Um einen kommerziellen OPC-Server zu schreiben, fehlen Dir jedoch eine Menge Informationen, die nur Mitgliedern der OPC-Foundation zur Verfügung stehen, also z.B. Spezifikationen, Beispielprogramme, Quelltexte etc.

http://www.opcfoundation.org/

Gruss
Question_mark


----------



## fubu16 (16 März 2006)

Question_mark schrieb:
			
		

> Hallo fubu,
> Für Delphi gibt es ein OPC-konformes Gerüst zum Erstellen eines OPC-Server aus der Freeware-Küche.



wo finde ich den das delphi gerüst???


----------



## afk (16 März 2006)

Question_mark schrieb:
			
		

> Um einen kommerziellen OPC-Server zu schreiben, fehlen Dir jedoch eine Menge Informationen, die nur Mitgliedern der OPC-Foundation zur Verfügung stehen, also z.B. Spezifikationen, Beispielprogramme, Quelltexte etc.

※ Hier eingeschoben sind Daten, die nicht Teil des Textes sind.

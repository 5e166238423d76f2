-- ===== src/Assessment/Images.antt =====
-- internal/assessment/rules_extended.go: the rules on images.
use k8s_migration.Base.{
  String, Bool, true, false, ◌||◌, List, [], ◌∷◌, leb, ◌+++◌, equal_fold, join, contains_text,
  last_index, text_from, if◌then◌else◌,
}
use k8s_migration.Application.{ResourceReference, ImageSummary}
use k8s_migration.Assessment.Model.{Severity, Category}
use k8s_migration.Assessment.Engine.{Context, Finding}
use k8s_migration.Assessment.Rules.{gather}

abbrev image_ref : ImageSummary → ResourceReference
image_ref i = record { api_version = ""; kind = "Image"; namespace = ""; name = i.reference }

-- Without an `@`, the text in front of the first one is the whole reference.
unfoldable pub image_has_mutable_tag : String → Bool
unfolding contains_text last_index text_from equal_fold
image_has_mutable_tag reference =
    let last_slash = last_index b'/' reference in
    let last_colon = last_index b':' reference in
    if contains_text reference "@"
    then false
    else leb last_colon last_slash || equal_fold (text_from last_colon reference) "latest"

unfoldable pub image_reference : Context → List Finding
unfolding image_has_mutable_tag contains_text
image_reference context =
    gather
      (λ i.
        let mutable = image_has_mutable_tag i.reference in
        if contains_text i.reference "@sha256:"
        then []
        else (record {
          severity = if mutable then Severity.warning else Severity.info;
          category = Category.image;
          resource = image_ref i;
          rule_id = "IMAGE_MUTABLE_REFERENCE";
          title = if mutable then "镜像使用可变 latest 标签" else "镜像未固定 digest";
          description = i.reference +++ " 无法保证恢复时内容与源端一致。";
          remediation = "解析并锁定镜像 digest，必要时复制到目标 Harbor。";
          auto_fixable = true;
        })
          ∷ [])
      context.application.inventory.images

unfoldable pub image_architecture : Context → List Finding
unfolding join
image_architecture context = elim context.target.architectures [
  | [] ↦ []
  | a ∷ as' ↦
      gather
        (λ i. elim i.architectures [
          | [] ↦
              (record {
                severity = Severity.info;
                category = Category.image;
                resource = image_ref i;
                rule_id = "IMAGE_ARCHITECTURE_UNVERIFIED";
                title = "镜像架构尚未验证";
                description = "目标节点架构为 " +++ (join "、" (a ∷ as') +++ "，尚未读取镜像 manifest。");
                remediation = "配置 Registry 凭证后执行镜像存在性和架构检查。";
                auto_fixable = false;
              })
              ∷ []
          | _ ∷ _ ↦ []
        ])
        context.application.inventory.images
]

An die Spezifikationen kommt man heran, sobald man sich bei der OPC-Foundation registriert, bezahlendes Mitglied muß man dafür nicht sein.



			
				fubu16 schrieb:
			
		

> wo finde ich den das delphi gerüst???


Auf der Homepage der OPC Programmers' Connection, einer sehr guten Informations-Quelle für die Entwicklung von OPC-Servern und -Clients.

Im Delphi-Bereich findest Du dann unter sOPC einen OPC-Server-Prototyp, der von seinem Author in die Public Domain gestellt wurde.


Gruß Axel


----------



## fubu16 (16 März 2006)

*LightOPC*

hat jemand schon einmal mit diesem tool
gearbeitet "LightOPC" steht unter "GPL" ????

habe ich gerade gefunden!

damit kann man auch eigene OPC-Server erstellen

http://www.ipi.ac.ru/lab43/lopc-en.html


fubu


----------